I planted BoBo hydrangeas this spring and with the heat waves we had this year so far left the flowers scorched.

Since it's a Panicle Hydrangea I believe it supposed to tolerate more sun.

I been watering everyday with the irrigation system for 10-15 min. I'm wondering if I replace the sprinkler heads next year with drip irrigation they may do better?

I believe they are on the SW side of my house so maybe the location just won't work? It gets full afternoon sun which in these heat waves we been having, it's been pretty brutal.

I'm hoping this location ultimately will work because I really don't have any other areas to put them.

Here are a couple pics


----------



## gm560 (Feb 22, 2018)

First year is going to be tough. Keep watering it and it should come back strong next year. It probably set all of those blooms when it was happy in its nursery pot in a nice greenhouse somewhere. Then you put it in the ground and now it is abandoning the pretty flowers to try to establish a root system to deal with its new environment.

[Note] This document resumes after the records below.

-- ===== src/PageFault/Serve.antt =====
-- The way through page_fault_handler to the mapping that holds the address, and its branches.
use osp.Prelude.{
  ℕ, zero, suc, ◌+◌, ◌≤◌, ◌<◌, ◌≡◌, refl, inl, inr, true, false, none, some, arith, ◌==◌, update,
  Bool-cases, ap,
}
use native.Mathlib.Decide.{ℕ_discrete}
use osp.Mmu.{pgsize, v2p, pdx, flag}
use osp.Kalloc.{Kmem, fill_page, kalloc, kfree}
use osp.Kalloc.FreeList.{IsPage}
use osp.Proc.{MemMapping, Proc}
use osp.Mmap.{map_anonymous, map_growsup, slt}
use osp.Munmap.{Files}
use osp.Vm.{find_pte, mappages, zero_page}
use osp.Vm.Lookup.{has_table, pte_at}
use osp.PageFault.{
  is_cow, holds, fill, fault_inode, grow, map_or_free, fault_page, serve, fault_loop, lazy_fault,
  fault_at, page_fault_handler,
}

-- Mapping `i` is the first in the table that holds the address.
pub record Holds (p : Proc) (va i : ℕ) : Type 0 where
  pub below : i < p.num_mappings
  pub hit : holds va (p.memory_mappings i) ≡ true
  pub first : (j : ℕ) → j < i → holds va (p.memory_mappings j) ≡ false

-- An anonymous mapping that does not grow.
abbrev pub IsPlain : MemMapping → Type 0
IsPlain m =
    (flag m.flags map_anonymous ≡ true) × (flag m.flags map_growsup ≡ false) × (slt 0 m.fd ≡ false)

module _ {S : Type 0} (fs : Files S) (kernel_end : ℕ) (junk : ℕ → ℕ) (va i : ℕ) (p : Proc) (s : S)
    (h : Holds p va i) where
  fault_loop-serve :
      (n j : ℕ) (k : Kmem)
      → j ≤ i
      → i < j + n
      → fault_loop fs kernel_end junk va j n k p s ≡ serve fs kernel_end junk va i k p s
  unfolding fault_loop
  fault_loop-serve zero j k lo hi = absurd (omega arith)
  fault_loop-serve (suc n) j k lo hi = elim (ℕ_discrete j i) [
    | yes e ↦
        let hit : holds va (p.memory_mappings j) ≡ true = rw e h.hit in
        rw hit (ap (λ l. serve fs kernel_end junk va l k p s) e)
    | no ne ↦
        let miss : holds va (p.memory_mappings j) ≡ false = h.first j (omega arith) in
        rw miss (fault_loop-serve n (j + 1) k (omega arith) (omega arith))
  ]

  lazy_fault-serve :
      (k : Kmem) → lazy_fault fs kernel_end junk va k p s ≡ serve fs kernel_end junk va i k p s
  unfolding lazy_fault
  lazy_fault-serve k = fault_loop-serve p.num_mappings 0 k (omega arith) (omega (arith, h.below))

  -- The handler gets here where the page is not a copy-on-write page.
  pub handler-serve :
      (k : Kmem)
      → is_cow (pte_at k.mem p.pgdir va) ≡ false
      → page_fault_handler fs kernel_end junk va k p s ≡ serve fs kernel_end junk va i k p s
  unfolding page_fault_handler fault_at find_pte
  handler-serve k nc = elim (Bool-cases (has_table k.mem p.pgdir (pdx va))) [
    | inl t ↦ rw (t, rw t at nc) (lazy_fault-serve k)
    | inr f ↦ rw f (lazy_fault-serve k)
  ]

  module _ (pl : IsPlain (p.memory_mappings i)) where
    pub serve-plain :
        (k : Kmem)
        → ((kalloc k).0 == 0) ≡ false
        → serve fs kernel_end junk va i k p s
          ≡ fault_page fs kernel_end junk va (p.memory_mappings i) 0 (kalloc k).0 (kalloc k).1 p s
    unfolding serve fault_inode grow
    serve-plain k live = rw (live, pl.1, pl.2)

    pub fault_page-plain :
        (k1 k2 : Kmem) (page : ℕ)
        → map_or_free kernel_end p.pgdir va page (record k1 { mem = zero_page page k1.mem })
          ≡ some k2
        → fault_page fs kernel_end junk va (p.memory_mappings i) 0 page k1 p s ≡ some (1, k2, p, s)
    unfolding fault_page fill
    fault_page-plain k1 k2 page e = rw (pl.0, e)

pub kfree-IsPage :
    (kernel_end v : ℕ) (k : Kmem)
    → IsPage kernel_end v
    → (k' : Kmem) × (kfree kernel_end v k ≡ some k')
unfolding kfree
kfree-IsPage kernel_end v k pg = (
  record k { mem = update (fill_page v k.mem) v k.freelist; freelist = v },
  ground (arith, pg.aligned, pg.above, pg.below),
)

module _ (kernel_end pgdir va page : ℕ) (k : Kmem) where
  pub map_or_free-done :
      (k1 : Kmem)
      → mappages pgdir va pgsize (v2p page) 6 k ≡ some (true, k1)
      → map_or_free kernel_end pgdir va page k ≡ some k1
  unfolding map_or_free
  map_or_free-done k1 e = rw e

  pub map_or_free-short :
      (k1 k2 : Kmem)
      → mappages pgdir va pgsize (v2p page) 6 k ≡ some (false, k1)
      → kfree kernel_end page k1 ≡ some k2
      → map_or_free kernel_end pgdir va page k ≡ some k2
  unfolding map_or_free
  map_or_free-short k1 k2 e f = rw (e, f)

module _ {S : Type 0} (fs : Files S) (kernel_end : ℕ) (junk : ℕ → ℕ) where
  fault_page-null :
      (va page : ℕ) (m : MemMapping) (k : Kmem) (p : Proc) (s : S)
      → flag m.flags map_anonymous ≡ false
      → fault_page fs kernel_end junk va m 0 page k p s ≡ none
  unfolding fault_page fill
  fault_page-null va page m k p s e = rw e

  pub serve-null :
      (va i : ℕ) (k : Kmem) (p : Proc) (s : S)
      → flag (p.memory_mappings i).flags map_anonymous ≡ false
      → flag (p.memory_mappings i).flags map_growsup ≡ false
      → (p.memory_mappings i).fd ≡ 0
      → serve fs kernel_end junk va i k p s ≡ none
  unfolding serve fault_inode grow
  serve-null va i k p s a g z = elim (Bool-cases ((kalloc k).0 == 0)) [
    | inl e ↦ rw (z, e) refl
    | inr e ↦
        rw (z, e, g) (fault_page-null va (kalloc k).0 (p.memory_mappings i) (kalloc k).1 p s a)
  ]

I have little limes in the front of my house that get blasted all summer by the setting sun and they do great. Just give them a year and they will be knockouts.... as long as you can keep the deer away, which is my main hydrangea problem.


----------



## LawnSolo (Jul 17, 2018)

I have been dealing with heat waves on newly planted trees myself.

I have opted to use IV Organic paint you can use a brush or spray bottle as sun lotion for the trees. It's an amazing product but a little pricey.

Any chance you could put some sort screened frames on top of the Hydrangeas laying against the siding while the heat wave is gone?

You could build some wooden frames with cheesecloth or burlap. That will filter some UV light for several days/weeks


----------



## NJ-lawn (Jun 25, 2018)

Thanks for suggestions I will give them a try.

What do you think of drip irrigation opposed to wetting the foliage? Think keeping the water off the plant will help with scorching or is it not a big factor?


----------



## LawnSolo (Jul 17, 2018)

NJ-lawn said:


> Thanks for suggestions I will give them a try.
> 
> What do you think of drip irrigation opposed to wetting the foliage? Think keeping the water off the plant will help with scorching or is it not a big factor?


Funny that you said that 

I started my deep irrigation project this year with great results. I don't know if this will protect your flowers from scorching though.

I buried perforated 2' x 3" PVC pipes next to the trees and covered them with a drain cap.

Sorry for all the pics


----------



## NJ-lawn (Jun 25, 2018)

Wow what a cool idea.......never seen that before. Especially for a young tree!


----------



## LawnSolo (Jul 17, 2018)

Yeah I think it's working great.

Before when I installed the PVC Pipe


After you can see fuller canape


----------



## LawnSolo (Jul 17, 2018)

Another thing I'm doing is deep irrigation to smaller Trees with this tool


----------



## Wiley (Dec 2, 2019)

@LawnSolo what are your intervals for watering with your set-up? Pretty sweet btw!


----------



## LawnSolo (Jul 17, 2018)

Once per week for days that are too hot.

Then I water with a regular hose every other day for newly planted small trees.

And Thank You!


----------